Entertainment Earth
- Company type: Private
- Industry: Toys and Collectibles
- Founded: 1996
- Founder: Jason and Aaron Labowitz
- Headquarters: Simi Valley, California, United States
- Key people: John Louie (CEO)
- Products: toys prop replicas collectibles bobble heads action figures
- Divisions: Entertainment Earth EE Distribution
- Website: EntertainmentEarth.com; EEDistribution.com

= Entertainment Earth =

Collectible retailer and wholesaler

Entertainment Earth is an online retailer and wholesaler of licensed collectibles, including action figures, clothing, statues, prop replicas, games, vinyl figures, dolls, and toys.

==History==

The company was founded in the San Fernando Valley of Los Angeles in 1995 by brothers Aaron and Jason Labowitz. They initially offered Star Wars action figures with the aim of attracting customers who were collectors who sought mint-condition items, as well as rarer items that might be difficult to find in stores. On April 1, 1996, the company launched its e-commerce site.

Over the years it has become one of the Internet's largest collectibles retailers, and it also sells general interest toys. It offers over 31,000 licensed products, including toys, gift items, collectibles, and memorabilia. In addition, Entertainment Earth designs and manufactures its own branded lines of merchandise. From 2008 through 2011, Inc.com named it one of the 5,000 fastest growing private retail companies in the United States.

In 2024, Entertainment Earth announced the construction of a new 209,000-square-foot facility in Simi Valley to expand its warehousing and distribution capabilities.

John Louie became the CEO of Entertainment Earth in 2026.

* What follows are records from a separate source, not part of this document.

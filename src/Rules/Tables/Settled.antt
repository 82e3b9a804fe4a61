-- ===== src/Rules/Tables/Settled.antt =====
-- The rules for the names of tables and functions, run twice and in either order.
use datafusion_postgres.Prelude.{none, some, [], ◌∷◌, ◌≡◌, refl, ap, inl, inr, Bool-cases}
use datafusion_postgres.Ast.{
  ObjectNamePart, ident, ObjectName, TableFactor, table, other_factor, Expr,
}
use datafusion_postgres.Ast.Expr.{function}
use datafusion_postgres.Rules.Tables.{
  is_pg_catalog_table, qualify_pg_table, prepend_pg_catalog, strip_name, strip_table_function,
  strip_function,
}

module _ {X : Type 0} where
  qualify_again :
      (name : ObjectName X) → qualify_pg_table (qualify_pg_table name) ≡ qualify_pg_table name
  unfolding qualify_pg_table
  qualify_again (ident i ∷ []) = elim (Bool-cases (is_pg_catalog_table i.text)) [
    | inl known ↦ rw known refl
    | inr unknown ↦ rw unknown (rw unknown refl)
  ]
  qualify_again _ = refl

  prepend_again :
      (factor : TableFactor X)
      → prepend_pg_catalog (prepend_pg_catalog factor) ≡ prepend_pg_catalog factor
  unfolding prepend_pg_catalog
  prepend_again (table name alias none rest) =
      ap (λ n. table n alias none rest) (qualify_again name)
  prepend_again _ = refl

  -- One part is left, the last.
  strip_name_single :
      (part : ObjectNamePart X) (parts : ObjectName X)
      → (last : ObjectNamePart X) × (strip_name (part ∷ parts) ≡ last ∷ [])
  unfolding strip_name
  strip_name_single part [] = (part, refl)
  strip_name_single part (next ∷ parts) = strip_name_single next parts

  strip_name_again : (name : ObjectName X) → strip_name (strip_name name) ≡ strip_name name
  unfolding strip_name
  strip_name_again [] = refl
  strip_name_again (part ∷ parts) = rw (strip_name_single part parts).1 refl

  strip_again :
      (factor : TableFactor X)
      → strip_table_function (strip_table_function factor) ≡ strip_table_function factor
  unfolding strip_table_function
  strip_again (table name alias (some args) rest) =
      ap (λ n. table n alias (some args) rest) (strip_name_again name)
  strip_again _ = refl

  strip_function_again :
      (expr : Expr X) → strip_function (strip_function expr) ≡ strip_function expr
  unfolding strip_function
  strip_function_again (function name args rest) =
      ap (λ n. function n args rest) (strip_name_again name)
  strip_function_again _ = refl

  commute :
      (factor : TableFactor X)
      → strip_table_function (prepend_pg_catalog factor)
        ≡ prepend_pg_catalog (strip_table_function factor)
  unfolding strip_table_function prepend_pg_catalog
  commute (table name alias none rest) = refl
  commute (table name alias (some args) rest) = refl
  commute (other_factor x) = refl

  -- The two rules for the names of tables can run in either order. Neither finds anything to do after
  -- it has run, nor does the rule for the names of functions.
  pub names_settled :
      (factor : TableFactor X) (expr : Expr X)
      → (strip_table_function (prepend_pg_catalog factor)
          ≡ prepend_pg_catalog (strip_table_function factor))
        × (prepend_pg_catalog (prepend_pg_catalog factor) ≡ prepend_pg_catalog factor)
        × (strip_table_function (strip_table_function factor) ≡ strip_table_function factor)
        × (strip_function (strip_function expr) ≡ strip_function expr)
  names_settled factor expr =
      (commute factor, prepend_again factor, strip_again factor, strip_function_again expr)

Entertainment Earth has both a retail and a wholesale division, as well as an affiliate program. Its print catalog is produced quarterly. Through its wholesale division, EE Distribution, the company sells to smaller retailers and distributors throughout the world in bulk. It is a Premier Hasbro Distributor in the United States and the exclusive distributor of toys manufactured by Bif Bang Pow!